[Stored items]
▽

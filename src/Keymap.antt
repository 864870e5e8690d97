-- ===== src/Keymap.antt =====
-- The tables of src/leshper/keymap.cpp: a keymap's entries, sorted by their encoded keys, and the stack of
-- keymaps that a sequence of keys is resolved against. An iterator of `std::lower_bound` is the table
-- split at it; `_maps` is a list of pairs with one pair for a name.
use lesh.Base.{
  ℕ, ◌+◌, ◌∷◌, Bool, true, false, not, ◌&&◌, ◌||◌, Option, none, some, List, [], ◌++◌, Bytes, codes,
  same, drop, length, ltb, ◌==◌, if◌then◌else◌,
}
pub mod Records
pub mod Coding
pub mod Notation
pub mod Written
pub mod Reads
pub mod Order
pub mod Table
pub mod Stack
pub mod Resolve

-- `std::string_view`'s `<`.
abbrev pub before : Bytes → Bytes → Bool
before [] [] = false
before [] (d ∷ ds) = true
before (c ∷ cs) [] = false
before (c ∷ cs) (d ∷ ds) = ltb c d || (c == d && before cs ds)

abbrev pub starts_with : Bytes → Bytes → Bool
starts_with text [] = true
starts_with [] (c ∷ prefix) = false
starts_with (d ∷ text) (c ∷ prefix) = d == c && starts_with text prefix

pub record Entry : Type 0 where
  pub keys : Bytes
  pub action : Bytes

-- The entries that are before `wanted`, and the others.
unfoldable pub lower_bound : Bytes → List Entry → List Entry × List Entry
lower_bound wanted [] = ([], [])
lower_bound wanted (e ∷ es) =
    let (front, rest) = lower_bound wanted es in
    if before e.keys wanted then (e ∷ front, rest) else ([], e ∷ es)

-- `at != _entries.end() && at->keys == keys`
abbrev pub is_at : Bytes → List Entry → Bool
is_at wanted [] = false
is_at wanted (e ∷ es) = same e.keys wanted

abbrev assign_action : Bytes → List Entry → List Entry
assign_action action [] = []
assign_action action (e ∷ es) = record e { action = action } ∷ es

unfoldable pub bind : Bytes → Bytes → List Entry → List Entry
unfolding lower_bound
bind wanted action entries =
    let (front, rest) = lower_bound wanted entries in
    if same wanted []
    then entries
    else if is_at wanted rest
    then (if same action [] then front ++ drop 1 rest else front ++ assign_action action rest)
    else if same action []
    then entries
    else front ++ (record { keys = wanted; action = action } ∷ rest)

unfoldable pub unbind : Bytes → List Entry → Bool × List Entry
unfolding lower_bound
unbind wanted entries =
    let (front, rest) = lower_bound wanted entries in
    if is_at wanted rest then (true, front ++ drop 1 rest) else (false, entries)

abbrev first_action : List Entry → Option Bytes
first_action [] = none
first_action (e ∷ es) = some e.action

unfoldable pub action_for : Bytes → List Entry → Option Bytes
unfolding lower_bound
action_for wanted entries =
    let rest = (lower_bound wanted entries).1 in
    if is_at wanted rest then first_action rest else none

abbrev pub begins_with : Bytes → List Entry → Bool
begins_with wanted [] = false
begins_with wanted (e ∷ es) = starts_with e.keys wanted

unfoldable pub has_longer : Bytes → List Entry → Bool
unfolding lower_bound
has_longer wanted entries =
    let rest = (lower_bound wanted entries).1 in
    begins_with wanted (if is_at wanted rest then drop 1 rest else rest)

pub record Keymap : Type 0 where
  pub entries : List Entry
  pub opaque : Bool
  pub default_action : Bytes
  pub indicator : Bytes

abbrev pub empty_keymap : Keymap
empty_keymap = record { entries = []; opaque = false; default_action = []; indicator = [] }

abbrev pub KeymapRegistry : Type 0
KeymapRegistry = List (Bytes × Keymap)

unfoldable pub find_map : Bytes → KeymapRegistry → Option Keymap
find_map name [] = none
find_map name ((key, map) ∷ maps) =
    let later = find_map name maps in if same key name then some map else later

-- `insert_or_assign`
unfoldable pub place : Bytes → Keymap → KeymapRegistry → KeymapRegistry
place name map [] = (name, map) ∷ []
place name map ((key, other) ∷ maps) =
    let later = place name map maps in
    if same key name
    then (key, map) ∷ maps
    else if before name key
    then (name, map) ∷ (key, other) ∷ maps
    else (key, other) ∷ later

-- `none` where nothing is created. An absent `copy_from` is empty.
unfoldable pub create : Bytes → Bytes → KeymapRegistry → Option KeymapRegistry
unfolding find_map place
create name copy_from maps =
    if same name []
    then none
    else if same copy_from []
    then some (place name empty_keymap maps)
    else elim (find_map copy_from maps) [ none ↦ none | some map ↦ some (place name map maps) ]

unfoldable pub erase : Bytes → KeymapRegistry → Bool × KeymapRegistry
erase name [] = (false, [])
erase name ((key, map) ∷ maps) =
    let (erased, later) = erase name maps in
    if same key name then (true, maps) else (erased, (key, map) ∷ later)

abbrev pub names : KeymapRegistry → List Bytes
names [] = []
names ((key, map) ∷ maps) = key ∷ names maps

△

▶ [Exercise description]
Each line above with the word "Type" must be returned.

▶ [Exercise response]
pub record Entry : Type 0 where
pub record Keymap : Type 0 where
abbrev pub KeymapRegistry : Type 0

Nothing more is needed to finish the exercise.